Il existe des vies qui s’épanouissent sans permission, qui volent librement, qui fleurissent à l’état sauvage. Chaque 3 mars, le calendrier écologique nous invite à les observer : c’est la Journée mondiale de la vie sauvage, une date que l’ONU a dédiée en 2026 aux plantes médicinales et aromatiques qui nourrissent les corps et les traditions.

Et s’il est un endroit à Cuba où la terre parle à travers ses feuilles et ses montagnes, c’est bien Holguín. Car cette terre de l’est de Cuba n’est pas seulement faite de soleil et de plages, même si Guardalavaca brille sur les cartes postales. C’est aussi une tapisserie de secrets verdoyants. Les rivières qui la traversent, comme le Jigüe ou le Cacoyugüín, serpentent à travers des vallées que les premiers chroniqueurs coloniaux décrivaient comme « extrêmement fertiles, avec des pâturages et des arbres robustes ». Un paradis qui subsiste encore aujourd’hui, résistant aux ravages du temps et à la main de l’homme.

Parc national Alejandro de Humboldt : Ici, la nature a trouvé refuge dans 17 aires protégées. La province s’enorgueillit de deux parcs nationaux – dont le parc national Alejandro de Humboldt, site du patrimoine mondial partagé avec Guantánamo –, de quatre refuges fauniques et de plusieurs réserves écologiques qui constituent les derniers vestiges de nos forêts indigènes. Ces espaces abritent des espèces endémiques telles que le solénodon de Cuba, le trogon de Cuba et l’hutia de Cuba, ainsi qu’une avifaune diversifiée qui s’éveille chaque matin au chant du moqueur polyglotte et au vol du colibri émeraude de Cuba.

Mais parlons du cœur de cette commémoration : les plantes médicinales. Dans les jardins d’Holguín, sur les flancs des collines de Mayarí ou dans les savanes de Banes, pousse la médecine traditionnelle des paysans, le savoir des grands-mères. La canne à sucre contre le rhume, l’origan contre l’indigestion, la sauge pour l’âme… Un héritage des peuples autochtones et des communautés rurales qu’aujourd’hui plus que jamais, nous devons préserver.

Écovalorisation : le tourisme à Holguín en est conscient. Des projets comme Ecovalor démontrent qu’on ne peut aimer ce qu’on ne connaît pas et qu’un paysage bien protégé est synonyme d’économie durable. Les initiatives de randonnée interprétative dans la Sierra de Cristal et les itinéraires agroécologiques dans la vallée de Mayabe contribuent à positionner la province comme une destination non seulement pour le soleil et le sable, mais aussi pour une immersion en pleine nature.
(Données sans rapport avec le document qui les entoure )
-- ===== src/UsbHost/Pool/Laws.antt =====
-- cotton-usb-host/src/async_pool.rs: what a pool hands out and takes back.
use cotton.Prelude.{
  ℕ, ◌≤◌, ◌<◌, ◌≡◌, refl, inl, inr, Bool, true, false, not, ◌&&◌, ◌||◌, Option, none, some, ◌==◌,
  leb, Bool-cases, arith,
}
use cotton.Prelude.Outcome.{Outcome, returns, ◌>>=◌}
use cotton.UsbHost.BitSet.{BitSet}
use cotton.UsbHost.BitSet.Laws as BitSetLaws
use cotton.UsbHost.BitSet.Laws.{view, Shows, SetsAny, full, added}
use cotton.UsbHost.Pool.{Pool, alloc_internal, dealloc_internal, poll, take_bit}

-- Resource `n` is out.
abbrev pub is_taken : {W : Type 0} → Pool W → ℕ → Bool
is_taken p n = view p.allocated n

-- Only numbers below the total, of which there are 32 at most, are out.
pub record IsValid {W : Type 0} (p : Pool W) : Type 0 where
  pub bits : BitSetLaws.IsValid p.allocated
  pub total_fits : p.total ≤ 32
  pub within : (n : ℕ) → n < 32 → is_taken p n ≡ true → n < p.total

module _ {W : Type 0} where
  -- How an allocation ends.
  pub data Allocates (p : Pool W) : Outcome (Option ℕ × Pool W) → Type 0 where
    busy : ((n : ℕ) → n < p.total → is_taken p n ≡ true) → Allocates p (returns (none, p))
    taken :
        (n : ℕ) (p' : Pool W)
        → n < p.total
        → is_taken p n ≡ false
        → IsValid p'
        → (p'.total ≡ p.total)
        → (p'.waker ≡ p.waker)
        → ((m : ℕ) → m < 32 → is_taken p' m ≡ (m == n || is_taken p m))
        → Allocates p (returns (some n, p'))

  alloc_step :
      (p : Pool W) (r : Outcome (Option ℕ × BitSet))
      → IsValid p
      → SetsAny p.allocated r
      → Allocates p (r >>= λ x. returns (take_bit p x))
  alloc_step p _ v (full all) = busy (λ n h. all n (omega (arith, v.total_fits)))
  alloc_step p _ v (added n s l free below shows) = elim (Bool-cases (leb p.total n)) [
    | inl q ↦ rw q (busy (λ m h. below m (ground arith)))
    | inr q ↦ rw q (
        taken n (record p { allocated = s }) (ground arith) free
          (record {
            bits = shows.valid;
            total_fits = v.total_fits;
            within = λ m h e. ground (arith, shows.members m h, v.within m h);
          })
          refl refl (λ m h. shows.members m h))
  ]

  -- On a well-formed pool an allocation gives out a free resource below the total, and takes that
  -- one only, or says none when all are out; it never panics, and it keeps the pool well-formed.
  pub alloc_internal-Allocates : (p : Pool W) → IsValid p → Allocates p (alloc_internal p)
  unfolding alloc_internal
  alloc_internal-Allocates p v = alloc_step p _ v (BitSetLaws.set_any-SetsAny p.allocated v.bits)

  -- Dropping a resource frees it and nothing else, and wakes the task whose poll came last.
  pub dealloc_internal_lem :
      (p : Pool W) (n : ℕ)
      → IsValid p
      → n < 32
      → is_taken p n ≡ true
      → (p' : Pool W) × (dealloc_internal p n ≡ returns (p.waker, p'))
        × IsValid p'
        × (p'.total ≡ p.total)
        × (p'.waker ≡ none)
        × ((m : ℕ) → m < 32 → is_taken p' m ≡ (not (m == n) && is_taken p m))
  unfolding dealloc_internal
  dealloc_internal_lem p n v h taken' =
      let (s, runs, shows) = BitSetLaws.clear_in_range p.allocated n v.bits h in
      (
        record p { allocated = s; waker = none },
        rw (BitSetLaws.contains_in_range p.allocated n v.bits h, taken', runs),
        record {
          bits = shows.valid;
          total_fits = v.total_fits;
          within = λ m l e. ground (arith, shows.members m l, v.within m l);
        },
        refl,
        refl,
        λ m l. shows.members m l,
      )

  -- A poll that finds no resource only leaves its waker, in place of any that was there.
  pub poll_busy :
      (p : Pool W) (w : W)
      → IsValid p
      → ((n : ℕ) → n < p.total → is_taken p n ≡ true)
      → poll p w ≡ returns (none, record p { waker = some w })
  unfolding poll
  poll_busy p w v all = go _ (
      alloc_internal-Allocates q
        (record { bits = v.bits; total_fits = v.total_fits; within = v.within }))
    where
      q : Pool W
      q = record p { waker = some w }

      go : (r : Outcome (Option ℕ × Pool W)) → Allocates q r → r ≡ returns (none, q)
      go _ (busy _) = refl
      go _ (taken n _ l free _ _ _ _) = ground (arith, all n l)

  -- Two tasks in turn poll an allocation from a well-formed pool that is all taken; then a resource
  -- of it is dropped. The drop wakes the second task, the resource is free, and no waker is left to
  -- wake the first.
  pub poll-poll-dealloc_internal :
      (p : Pool W) (first second : W) (n : ℕ)
      → IsValid p
      → ((m : ℕ) → m < p.total → is_taken p m ≡ true)
      → n < p.total
      → (p' : Pool W) × ((poll p first >>= λ r. poll r.1 second >>= λ s. dealloc_internal s.1 n)
          ≡ returns (some second, p'))
        × (p'.waker ≡ none)
        × (is_taken p' n ≡ false)
  poll-poll-dealloc_internal p first second n v all l =
      let v₁ : IsValid (record p { waker = some first }) = record {
        bits = v.bits;
        total_fits = v.total_fits;
        within = v.within;
      } in
      let v₂ : IsValid (record p { waker = some second }) = record {
        bits = v.bits;
        total_fits = v.total_fits;
        within = v.within;
      } in
      let h : n < 32 = omega (arith, v.total_fits) in
      let (p', runs, _, _, no_waker, bits) =
        dealloc_internal_lem (record p { waker = some second }) n v₂ h (all n l) in
      (
        p',
        rw (poll_busy p first v all)
            (rw (poll_busy (record p { waker = some first }) second v₁ all) runs),
        no_waker,
        ground (arith, bits n h),
      )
Cependant, la Journée mondiale de la vie sauvage n’est pas qu’une simple célébration. C’est un cri d’alarme. La surexploitation des sols, l’exploitation forestière indiscriminée et le changement climatique menacent de faire taire la symphonie de notre biodiversité. Perdre une plante médicinale, ce n’est pas seulement perdre une herbe ; c’est perdre un remède, une histoire, une part de notre identité cubaine.

Les Nations Unies résument cela dans leur devise pour 2026 : préserver la santé, le patrimoine naturel et les moyens de subsistance. Un triptyque qui prend tout son sens à Holguín.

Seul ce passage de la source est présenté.